Circa la metà del budget russo proviene dalla vendita di idrocarburi, e il prezzo del petrolio è in discesa rapida. Non è che gli introiti dello stato siano particolarmente minacciati. Il ricavato della massiccia esportazione di petrolio, venduto in carodollari, riempie il budget nazionale che si forma in rubli. Per giunta il debito pubblico russo è minimo, le riserve monetarie ammontano a 416 miliardi di dollari, e anche le imprese statali e private, attesta il presidente dell’Unione degli imprenditori Aleksandr Shokhin, hanno mezzi per coprire i loro debiti esteri. Più che altro l’imprenditoria russa appare preoccupata per l’estrema insicurezza del cambio rublo-dollaro, rublo-euro. Il rublo, evidentemente sottovalutato, ha raggiunto il fondo e comincerà a risalire o si deve aspettare un tonfo di turno? In assenza di stabilità monetaria, l’attività imprenditoriale s’indebolisce e ristagna. Il pil nel 2014 si aggira intorno al +0,5 per cento. Per la prima volta dal 2000 la crescita media dell’Eurozona, pur debole (0,8 per cento), lascia la Russia dietro le spalle. Peggio ancora: la svalutazione genera un effetto particolarmente negativo sfociando nell’inflazione e allarmando gli strati meno abbienti. Secondo le previsioni del ministero dell’Economia, l’inflazione alla fine del 2014 raggiungerà il 9 per cento e proseguirà a crescere nella prima metà dell’anno a venire. L’opposizione filo occidentale dichiara ad alta voce che si assiste all’inizio della fine dell’epoca putiniana. Il rating di Putin alle stelle? Boris Nadezhdin, uno dei leader dei liberali, ricorda nel corso di un talk-show politico quanto spesso i cambiamenti più radicali avvengano in Russia quando meno erano attesi. I sostenitori di Putin ribattono che la recessione non ha portato a una tensione sociale, e il governo intende aumentare regolarmente le pensioni, gli stipendi e i salari, come ha fatto finora.

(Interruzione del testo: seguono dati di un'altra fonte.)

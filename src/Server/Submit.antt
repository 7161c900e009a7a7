-- ===== src/Server/Submit.antt =====
-- What becomes of a signed transaction that is sent to `add_txn` of app/server.rs.
use gravity_kvstore.Prelude.{
  ◌+◌, ◌<◌, ◌≡◌, ap, sym, subst, Text, Bytes, ◌++◌, ok, arith, drop, replicate, u64_mod, ascii,
}
use gravity_kvstore.Types.{Transaction, UnsignedTransaction, TransactionWithAccount}
use gravity_kvstore.Types.Deps.{Deps, HexLaws, KeccakLaws, BincodeLaws, SecpLaws}
use gravity_kvstore.Types.Convert.{account, sequence_number}
use gravity_kvstore.Crypto.{SignatureError, sign_transaction, public_key_to_address}
use gravity_kvstore.Crypto.Signing.{
  verify-sign, convert_account-address, compute_transaction_hash-ok,
}
use gravity_kvstore.Mempool.{add_raw_txn, raw_txn_key}
use gravity_kvstore.Mempool.WellFormed.{IsWellFormed}
use gravity_kvstore.Mempool.Holds.{Holds, add_raw_txn-Holds}
use gravity_kvstore.Server.{TransactionError, Context, AddReply, add_txn}

module _ (d : Deps) (hex : HexLaws d) (sha : KeccakLaws d) (bincode : BincodeLaws d) where
  -- The account of a key: twelve zeros and its address.
  abbrev pub account_of : d.PublicKey → Bytes
  account_of key = replicate 12 0 ++ drop 12 (d.keccak (drop 1 (d.serialize_uncompressed key)))

  -- A transaction with the address of a key converts, and can be hashed.
  pub raw_txn_key-address :
      (E : Type 0) (key : d.PublicKey) (txn : Transaction)
      → raw_txn_key d {E = E} (record { txn = txn; address = public_key_to_address d key })
        ≡ ok (account_of key, d.keccak (bincode.encoded txn.unsigned))
  unfolding raw_txn_key account
  raw_txn_key-address E key txn = rw (
    convert_account-address d hex sha key,
    compute_transaction_hash-ok d bincode {E = E} txn.unsigned,
  )

  module _ (secp : SecpLaws d) {S : Type 0} where
    -- With packages that keep their laws, a transaction that is signed with a key, whose nonce is
    -- not the last `u64`, sent to a server whose pool is well formed, is accepted: the reply has
    -- its hash, the pool holds it under the account of the key and its nonce, and the state and
    -- the store are as before.
    pub add_txn-Holds :
        (tx : UnsignedTransaction) (key : d.SecretKey) (c : Context S)
        → IsWellFormed c.mempool
        → tx.nonce + 1 < u64_mod
        → let public_key = d.public_key_from_secret_key key in
          (signature : Text) × (sign_transaction d {E = SignatureError} tx key ≡ ok signature)
          × (let txn : Transaction = record { unsigned = tx; signature = signature } in
              let (reply, c') = add_txn d txn c in
              (reply
                ≡ ok (record {
                  status = ascii "success";
                  txn_hash = d.hex_encode (d.keccak (bincode.encoded tx));
                }))
              × Holds
                  (account_of public_key)
                  (record { txn = txn; address = public_key_to_address d public_key })
                  c'.mempool
              × (c'.state ≡ c.state)
              × (c'.store ≡ c.store))
    unfolding add_txn sequence_number
    add_txn-Holds tx key c w fits =
        let (signature, signed, verified) = verify-sign d hex sha bincode secp tx key in
        let public_key = d.public_key_from_secret_key key in
        let txn : Transaction = record { unsigned = tx; signature = signature } in
        let t : TransactionWithAccount = record {
          txn = txn;
          address = public_key_to_address d public_key;
        } in
        let (sent, holds) =
          add_raw_txn-Holds d TransactionError t c.mempool (account_of public_key)
            (d.keccak (bincode.encoded tx)) w fits
            (raw_txn_key-address TransactionError public_key txn) in
        let pool = (add_raw_txn d {E = TransactionError} t c.mempool).1 in
        let reply : AddReply = record {
          status = ascii "success";
          txn_hash = d.hex_encode (d.keccak (bincode.encoded tx));
        } in
        let runs : add_txn d txn c ≡ (ok reply, record c { mempool = pool }) = ground arith in
        (
          signature,
          signed,
          (
            ap (λ q. q.0) runs,
            subst (λ q. Holds (account_of public_key) t q.1.mempool) (sym runs) holds,
            ap (λ q. q.1.state) runs,
            ap (λ q. q.1.store) runs,
          ),
        )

[**Video_box_2**]Nel frattempo si assiste a un fenomeno destinato, secondo non pochi analisti, a giocare un ruolo di primo piano. Si tratta della rinascita del senso dello stato, che è da sempre una caratteristica del popolo russo affievolita ai tempi dello sfascio dell’Urss e del caos eltsiniano, ma mai scomparsa del tutto. La grande maggioranza dei russi è convinta che la politica attuale nei confronti dell’Ucraina sia giusta. I controargomenti sono ben noti in Russia: a parte i liberali di Mosca, li espongono rappresentanti occidentali nei canali tv russi più importanti. Ma quando il direttore dell’Ufficio della Nato a Mosca, Robert Pszczel, ospite frequente del primo canale tv Rossia Uno, fa appello ai telespettatori perché prendano in considerazione l’isolamento del loro paese, pochi gli credono: l’occidente non è tutto il mondo, e anche nei paesi occidentali è evidente una forte presenza di chi considera sbagliata la politica di Washington e Bruxelles nei confronti di Mosca. Ai russi l’argomentazione occidentale pare poco persuasiva, anzi cinica. Il più grave fatto molto discusso nei dibattiti di Mosca: il quasi completo silenzio del mainstream occidentale sullo sterminio con colpi di artiglieria di Kiev di 4.634 civili nel Donbass. A cui vanno aggiunti più di 10 mila feriti per non parlare di centinaia di migliaia di profughi trasferitisi per lo più in Russia. E’ assai eloquente che i moscoviti fossero per anni i meno putiniani del paese, ma dopo il recente scontro attorno all’Ucraina Putin raccoglie nella capitale più consenso che altrove. Gli abitanti di Mosca hanno un maggiore contatto con l’occidente e lo conoscono forse meglio degli altri. Bisogna constatare che gli Stati Uniti, la Nato e l’Ue hanno in Russia quasi perso l’autorevolezza. Ciò non toglie le difficoltà economiche attuali e poca chiarezza sulle vie di uscita. In linea di massima tutti riconoscono l’inevitabilità di puntare sul mercato interno, incoraggiare piccole e medie industrie e, senza arrivare allo strappo con i paesi occidentali, accentuare la direzione asiatica. La Russia, dicono gli ottimisti, dispone del 20 per cento delle risorse naturali del mondo, di intellighenzia tecnica ben preparata e operai qualificati. Dovrà cavarsela. Il problema tuttavia è serio: l’apparato di stato sarà in grado di garantire la realizzazione della nuova politica economica? E come renderlo più adatto al difficile compito di favorire o almeno non ostacolare l’imprenditoria russa?